Very nice. But I still love that Vik. Congrats.


----------



## technomancer (Feb 11, 2013)

Looks awesome 

I still miss that KxK


----------



## SilenceIsACrime (Feb 11, 2013)

That top looks delicious.


----------



## jeleopard (Feb 11, 2013)

DAT TOP


----------



## fabeau (Feb 11, 2013)

angus said:


> Awesome- one of the most beautiful yet. How do you like the balance of that body shape? It looks like it would balance well, especially once you move to an 8 string.
> 
> Huge fan of that guitar. But then I'm a sucker for ebony or cocobolo tops with sapwood!!

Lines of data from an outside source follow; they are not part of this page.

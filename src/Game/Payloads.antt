-- ===== src/Game/Payloads.antt =====
-- src/padrino/core/engine/events.py: the payloads of the event catalogue, field for field.
use padrino.Base.{ℕ, Bool, Option, List, String, Dict}
use padrino.Game.Enums.{Faction, Role, SeatKind}
use padrino.Game.State.{Finding}

pub record SeatAssignment : Type 0 where
  pub public_player_id : String
  pub seat_index : ℕ
  pub role : Role
  pub faction : Faction
  pub seat_kind : Option SeatKind

pub record GameCreatedPayload : Type 0 where
  pub ruleset_id : String
  pub game_id : String
  pub game_seed : String
  pub player_count : ℕ

pub record RolesAssignedPayload : Type 0 where
  pub assignments : List SeatAssignment

pub record PhaseStartedPayload : Type 0 where
  pub phase_kind : String
  pub day : ℕ
  pub round : ℕ

pub record PublicMessageSubmittedPayload : Type 0 where
  pub text : String
  pub round_index : Option ℕ
  pub content_ref : Option String

pub record PrivateMessageSubmittedPayload : Type 0 where
  pub text : String
  pub channel_id : String
  pub content_ref : Option String

pub record VoteSubmittedPayload : Type 0 where
  pub target : Option String
  pub is_abstain : Bool

pub record MafiaKillVoteSubmittedPayload : Type 0 where
  pub target : Option String

pub record ProtectSubmittedPayload : Type 0 where
  pub target : Option String

pub record InvestigateSubmittedPayload : Type 0 where
  pub target : Option String

pub record RoleblockSubmittedPayload : Type 0 where
  pub target : Option String

pub record FrameSubmittedPayload : Type 0 where
  pub target : Option String

pub record TrackSubmittedPayload : Type 0 where
  pub target : Option String

pub record WatchSubmittedPayload : Type 0 where
  pub target : Option String

pub record CleanSubmittedPayload : Type 0 where
  pub target : Option String

pub record SerialKillSubmittedPayload : Type 0 where
  pub target : Option String

pub record NightFeedbackDeliveredPayload : Type 0 where
  pub code : String
  pub target : Option String
  pub finding : Option Finding
  pub visited_player_ids : List String
  pub visitor_player_ids : List String

pub record ActionTimedOutPayload : Type 0 where
  pub expected_action_type : String
  pub defaulted_to : String

pub record OutputTruncatedPayload : Type 0 where
  pub reason : String
  pub raw_byte_length : ℕ

pub record OutputInvalidPayload : Type 0 where
  pub reason : String
  pub validation_errors : List String

pub record DayVoteResolvedPayload : Type 0 where
  pub eliminated : Option String
  pub vote_tally : Dict String ℕ
  pub reason : String
  pub voter_weights : Dict String ℕ
  pub total_vote_weight : Option ℕ
  pub hammer_threshold : Option ℕ

pub record NightResolvedPayload : Type 0 where
  pub eliminated : Option String
  pub protected : Option String
  pub mafia_kill_target : Option String
  pub eliminated_player_ids : List String
  pub serial_kill_target : Option String
  pub cleaned_deaths : List String
  pub clean_spent_actor_ids : List String
  pub framed_targets : List String
  pub frame_spent_actor_ids : List String

pub record DetectiveResultDeliveredPayload : Type 0 where
  pub target : String
  pub finding : Finding

pub record PlayerEliminatedPayload : Type 0 where
  pub public_player_id : String
  pub cause : String
  pub role : Option Role
  pub faction : Option Faction

pub record PhaseResolvedPayload : Type 0 where
  pub resolved_phase : String

pub record GameTerminatedPayload : Type 0 where
  pub winner : String
  pub reason : String

pub record RoleClaimedPayload : Type 0 where
  pub claimed_role : String

pub record SeatTakenOverPayload : Type 0 where
  pub public_player_id : String
  pub day : ℕ
  pub phase : String
  pub reason : String
  pub replacement_agent_build_ref : String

Thanks angus. Despite the guitar is pretty heavy and the headstock is huge it is indeed perfectly balanced and very ergonomic.


----------



## facepalm66 (Feb 11, 2013)




----------



## Splinterhead (Feb 11, 2013)

Fucking seriously? That thing is amazing! That top is ridiculous. Skervesen is putting out some serious stuff, that thing is a work of art!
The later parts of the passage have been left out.